** INPUT MATERIAL follows **

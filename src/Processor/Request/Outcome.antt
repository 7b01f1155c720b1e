-- ===== src/Processor/Request/Outcome.antt =====
-- `HandleRequest` of src/CommandProcessor.cpp: in which ways a request can end.
use sm_ext_rpc.Base.{
  invalid_argument, domain_error, out_of_range, inl, inr, inl, Option-cases, Option, Bytes, All,
  String, ◌≡◌, refl, some, none, ok, true, arith,
}
use sm_ext_rpc.Processor.{Env, Processor, pointer}
use sm_ext_rpc.Processor.Request.{
  pending_of, Pending, answer, route, handle_value, handle_object, handle_request, run,
  handling_error, resp_invalid_request, resp_parse_error, Handled, Flow, catch, return, reply, next,
  raise, undefined, call,
}
use sm_ext_rpc.Method.{FunctionId, RpcMethod}
use sm_ext_rpc.Base.Dict.{lookup}
use sm_ext_rpc.Json.Laws.{IsLawful}
use sm_ext_rpc.Method.Validation.{validate_arguments_lem, IsNamed}
use sm_ext_rpc.Json.{member, Kind, is_object, is_array}
use sm_ext_rpc.Base.Int.{ℤ}
use sm_ext_rpc.Processor.Request.Objects.{dispatch_object, check_sig_object, check_timestamp_object}

-- A registered method that can be called: it has a callback, and its types are named by the enum.
pub record IsUsable (m : RpcMethod) : Type 0 where
  pub callable : (f : FunctionId) × (m.callback ≡ some f)
  pub named : All IsNamed m.param_types

-- Every method that the processor holds can be called.
abbrev pub HasUsableMethods : Processor → Type 0
HasUsableMethods p =
    (name : String) (m : RpcMethod) → pointer (lookup name p.methods) ≡ some m → IsUsable m

module _ (E : Env) where
  open E use {json}
  open json use {Json, kind, get_string, parse}

  -- The behaviour is defined.
  abbrev IsDefined : {A : Type 0} → Flow E A → Type 0
  IsDefined undefined = ⊥
  IsDefined _ = Unit

  catch_defined :
      (p : Processor) (m : Flow E (Handled E))
      → IsDefined m
      → (h : Handled E) × (catch E p m ≡ ok h)
  unfolding catch
  catch_defined p (next h) d = (h, refl)
  catch_defined p (return h) d = (h, refl)
  catch_defined p (raise invalid_argument) d =
      (record { response = reply (resp_parse_error E); log = none; processor = p }, refl)
  catch_defined p (raise domain_error) d = (
    record {
      response = reply (resp_invalid_request E);
      log = some (handling_error domain_error);
      processor = p;
    },
    refl,
  )
  catch_defined p (raise out_of_range) d = (
    record {
      response = reply (resp_invalid_request E);
      log = some (handling_error out_of_range);
      processor = p;
    },
    refl,
  )
  catch_defined p undefined d = elim d [ ]

  module _ (L : IsLawful json) (p : Processor) (usable : HasUsableMethods p) (remote : String) where
    run-IsDefined :
        (params : Json) (pd : Pending E) (m : RpcMethod)
        → kind params ≡ Kind.array
        → IsUsable m
        → IsDefined (run E p remote params pd m)
    unfolding run call answer
    run-IsDefined params pd m k u =
        ground (arith, u.callable.1, validate_arguments_lem json L m params u.named k)

    route-IsDefined :
        (params : Json) (pd : Pending E) (name : String)
        → kind params ≡ Kind.array
        → IsDefined (route E p remote params pd name)
    unfolding route answer
    route-IsDefined params pd name k = elim (Option-cases (pointer (lookup name p.methods))) [
      | inl e ↦ rw (e, route) tt
      | inr (m, e) ↦ rw (e, route) (run-IsDefined params pd m k (usable name m e))
    ]

    handle_object-IsDefined :
        (now : ℤ) (j : Json) → is_object json j ≡ true → IsDefined (handle_object E p now remote j)
    unfolding handle_object is_array
    handle_object-IsDefined now j o = ground (
      arith,
      check_timestamp_object E L p j o now,
      check_sig_object E L p j o,
      dispatch_object E L p j o remote,
      route-IsDefined (member json j "params") (pending_of E (member json j "id"))
          (get_string (member json j "method")),
    )

    handle_value-IsDefined : (now : ℤ) (v : Option Json) → IsDefined (handle_value E p now remote v)
    unfolding handle_value
    handle_value-IsDefined now none = tt
    handle_value-IsDefined now (some j) = ground (arith, handle_object-IsDefined now j)

    -- HandleRequest handles any bytes to its end: no exception leaves it and nothing undefined
    -- happens, provided every registered method has a callback and types that the enum names.
    pub handle_request-total :
        (now : ℤ) (req : Bytes) → (h : Handled E) × (handle_request E p now remote req ≡ ok h)
    unfolding handle_request
    handle_request-total now req = catch_defined p _ (handle_value-IsDefined now (parse req))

** End of INPUT MATERIAL **

Reproduce the data. Keep it exact.

**SOLUTION TO THIS PROBLEM**
filename src/Processor/Request/Outcome.antt
repository 7b01f1155c720b1e
-- ===== src/Processor/Request/Outcome.antt =====
-- `HandleRequest` of src/CommandProcessor.cpp: in which ways a request can end.
use sm_ext_rpc.Base.{
  invalid_argument, domain_error, out_of_range, inl, inr, inl, Option-cases, Option, Bytes, All,
  String, ◌≡◌, refl, some, none, ok, true, arith,
}
use sm_ext_rpc.Processor.{Env, Processor, pointer}
use sm_ext_rpc.Processor.Request.{
  pending_of, Pending, answer, route, handle_value, handle_object, handle_request, run,
  handling_error, resp_invalid_request, resp_parse_error, Handled, Flow, catch, return, reply, next,
  raise, undefined, call,
}
use sm_ext_rpc.Method.{FunctionId, RpcMethod}
use sm_ext_rpc.Base.Dict.{lookup}
use sm_ext_rpc.Json.Laws.{IsLawful}
use sm_ext_rpc.Method.Validation.{validate_arguments_lem, IsNamed}
use sm_ext_rpc.Json.{member, Kind, is_object, is_array}
use sm_ext_rpc.Base.Int.{ℤ}
use sm_ext_rpc.Processor.Request.Objects.{dispatch_object, check_sig_object, check_timestamp_object}

-- A registered method that can be called: it has a callback, and its types are named by the enum.
pub record IsUsable (m : RpcMethod) : Type 0 where
  pub callable : (f : FunctionId) × (m.callback ≡ some f)
  pub named : All IsNamed m.param_types

-- Every method that the processor holds can be called.
abbrev pub HasUsableMethods : Processor → Type 0
HasUsableMethods p =
    (name : String) (m : RpcMethod) → pointer (lookup name p.methods) ≡ some m → IsUsable m

module _ (E : Env) where
  open E use {json}
  open json use {Json, kind, get_string, parse}

  -- The behaviour is defined.
  abbrev IsDefined : {A : Type 0} → Flow E A → Type 0
  IsDefined undefined = ⊥
  IsDefined _ = Unit

  catch_defined :
      (p : Processor) (m : Flow E (Handled E))
      → IsDefined m
      → (h : Handled E) × (catch E p m ≡ ok h)
  unfolding catch
  catch_defined p (next h) d = (h, refl)
  catch_defined p (return h) d = (h, refl)
  catch_defined p (raise invalid_argument) d =
      (record { response = reply (resp_parse_error E); log = none; processor = p }, refl)
  catch_defined p (raise domain_error) d = (
    record {
      response = reply (resp_invalid_request E);
      log = some (handling_error domain_error);
      processor = p;
    },
    refl,
  )
  catch_defined p (raise out_of_range) d = (
    record {
      response = reply (resp_invalid_request E);
      log = some (handling_error out_of_range);
      processor = p;
    },
    refl,
  )
  catch_defined p undefined d = elim d [ ]

  module _ (L : IsLawful json) (p : Processor) (usable : HasUsableMethods p) (remote : String) where
    run-IsDefined :
        (params : Json) (pd : Pending E) (m : RpcMethod)
        → kind params ≡ Kind.array
        → IsUsable m
        → IsDefined (run E p remote params pd m)
    unfolding run call answer
    run-IsDefined params pd m k u =
        ground (arith, u.callable.1, validate_arguments_lem json L m params u.named k)

    route-IsDefined :
        (params : Json) (pd : Pending E) (name : String)
        → kind params ≡ Kind.array
        → IsDefined (route E p remote params pd name)
    unfolding route answer
    route-IsDefined params pd name k = elim (Option-cases (pointer (lookup name p.methods))) [
      | inl e ↦ rw (e, route) tt
      | inr (m, e) ↦ rw (e, route) (run-IsDefined params pd m k (usable name m e))
    ]

    handle_object-IsDefined :
        (now : ℤ) (j : Json) → is_object json j ≡ true → IsDefined (handle_object E p now remote j)
    unfolding handle_object is_array
    handle_object-IsDefined now j o = ground (
      arith,
      check_timestamp_object E L p j o now,
      check_sig_object E L p j o,
      dispatch_object E L p j o remote,
      route-IsDefined (member json j "params") (pending_of E (member json j "id"))
          (get_string (member json j "method")),
    )

    handle_value-IsDefined : (now : ℤ) (v : Option Json) → IsDefined (handle_value E p now remote v)
    unfolding handle_value
    handle_value-IsDefined now none = tt
    handle_value-IsDefined now (some j) = ground (arith, handle_object-IsDefined now j)

    -- HandleRequest handles any bytes to its end: no exception leaves it and nothing undefined
    -- happens, provided every registered method has a callback and types that the enum names.
    pub handle_request-total :
        (now : ℤ) (req : Bytes) → (h : Handled E) × (handle_request E p now remote req ≡ ok h)
    unfolding handle_request
    handle_request-total now req = catch_defined p _ (handle_value-IsDefined now (parse req))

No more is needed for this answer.